Each line of the listing that includes the string "RedactionPolicy" is to be identified and copied.

[[ RECORDS SUPPLIED open ]]

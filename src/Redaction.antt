-- ===== src/Redaction.antt =====
-- redaction.py: evidence payloads are copied with their secrets replaced, within limits.
pub mod Clean
pub mod Keys
use Prim.Native.String.{count}
use responsibility_pathway_r.Prelude.{
  ℕ, zero, suc, ◌+◌, String, Bool, List, [], ◌∷◌, ◌==◌, any, leb, if◌then◌else◌,
}
use responsibility_pathway_r.Errors.{Result, ok, err, evidence_limit_error, ensure, ◌>>=◌, ◌>>◌}
use responsibility_pathway_r.Value.{
  Value, Items, Fields, null, bool, int, float, str, list, dict, object, nil, cons, end, field, put,
  key_text,
}

-- `DEFAULT_SENSITIVE_KEYS`
unfoldable pub default_sensitive_keys : List String
default_sensitive_keys =
    "authorization" ∷ "cookie" ∷ "password" ∷ "secret" ∷ "token" ∷ "access_token" ∷ "refresh_token"
    ∷ "api_key" ∷ "private_key" ∷ "client_secret" ∷ []

pub record RedactionPolicy : Type 0 where
  pub sensitive_keys : List String
  pub replacement : String
  pub max_depth : ℕ
  pub max_items : ℕ
  pub max_string_length : ℕ

unfoldable pub default_policy : RedactionPolicy
unfolding default_sensitive_keys
default_policy = record {
  sensitive_keys = default_sensitive_keys;
  replacement = "[REDACTED]";
  max_depth = 12;
  max_items = 1000;
  max_string_length = 16384;
}

spend : ℕ → Result ℕ
spend zero = err evidence_limit_error
spend (suc budget) = ok budget

-- The depth test and the item budget, which every value is charged.
charge : RedactionPolicy → ℕ → ℕ → Result ℕ
unfolding spend
charge p depth budget = do ensure (leb depth p.max_depth) evidence_limit_error; spend budget

module _ (casefold : String → String) (p : RedactionPolicy) where
  -- `key.casefold() in self.sensitive_keys`
  unfoldable pub is_sensitive : String → Bool
  unfolding any
  is_sensitive key = any (λ k. k == casefold key) p.sensitive_keys

  -- `_redact`: the copy and what is left of the item budget.
  unfoldable mutual
    unfolding charge is_sensitive

    pub redact_value : Value → ℕ → ℕ → Result (Value × ℕ)
    redact_value null depth budget = do b ← charge p depth budget; ok (null, b)
    redact_value (bool x) depth budget = do b ← charge p depth budget; ok (bool x, b)
    redact_value (int n) depth budget = do b ← charge p depth budget; ok (int n, b)
    redact_value (float q r) depth budget = do b ← charge p depth budget; ok (float q r, b)
    redact_value (str s) depth budget = do
      b ← charge p depth budget
      ensure (leb (count s) p.max_string_length) evidence_limit_error
      ok (str s, b)
    redact_value (dict fs) depth budget = do
      b ← charge p depth budget
      (out, b') ← redact_fields fs end (depth + 1) b
      ok (dict out, b')
    redact_value (list vs) depth budget = do
      b ← charge p depth budget
      (out, b') ← redact_items vs (depth + 1) b
      ok (list out, b')
    redact_value (object t) depth budget = do b ← charge p depth budget; ok (str t, b)

    pub redact_items : Items → ℕ → ℕ → Result (Items × ℕ)
    redact_items nil depth budget = ok (nil, budget)
    redact_items (cons v vs) depth budget = do
      (w, b) ← redact_value v depth budget
      (ws, b') ← redact_items vs depth b
      ok (cons w ws, b')

    -- the loop over `value.items()`, with the output that it fills
    pub redact_fields : Fields → Fields → ℕ → ℕ → Result (Fields × ℕ)
    redact_fields end out depth budget = ok (out, budget)
    redact_fields (field k v fs) out depth budget = do
      (w, b) ←
          (if is_sensitive (key_text k)
            then ok (str p.replacement, budget)
            else redact_value v depth budget)
      redact_fields fs (put (key_text k) w out) depth b

  unfoldable pub redact : Value → Result Value
  unfolding redact_value
  redact v = do (w, b) ← redact_value v 0 p.max_items; ok w
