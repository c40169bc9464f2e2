-- ===== src/Principal.antt =====
-- principal.py: who a credential stands for.
use responsibility_pathway_r.Prelude.{
  String, ◌||◌, ◌&&◌, Option, none, some, List, ◌==◌, find, is_blank, is_empty, strip,
  if◌then◌else◌,
}
use responsibility_pathway_r.Errors.{Result, ok, err, principal_error}

pub record Principal : Type 0 where
  pub subject : String
  pub issuer : String
  pub authentication_method : String

-- `Principal.__post_init__`
unfoldable pub check_principal : Principal → Result Principal
check_principal p =
    if is_blank p.subject || is_blank p.issuer || is_blank p.authentication_method
    then err principal_error
    else ok p

-- A binding of an issuer and a subject to an actor.
pub record Binding : Type 0 where
  pub issuer : String
  pub subject : String
  pub actor : String

bound_text : Option Binding → String
bound_text none = ""
bound_text (some b) = b.actor

-- `StaticActorBinding.actor_for`
unfoldable pub actor_for : List Binding → Principal → Result String
unfolding find bound_text strip
actor_for bindings p =
    let actor =
      strip (bound_text (find (λ b. b.issuer == p.issuer && b.subject == p.subject) bindings)) in
    if is_empty actor then err principal_error else ok actor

[[ RECORDS SUPPLIED closed ]]

RESPONSE BELOW:
pub record RedactionPolicy : Type 0 where
unfoldable pub default_policy : RedactionPolicy
charge : RedactionPolicy → ℕ → ℕ → Result ℕ
module _ (casefold : String → String) (p : RedactionPolicy) where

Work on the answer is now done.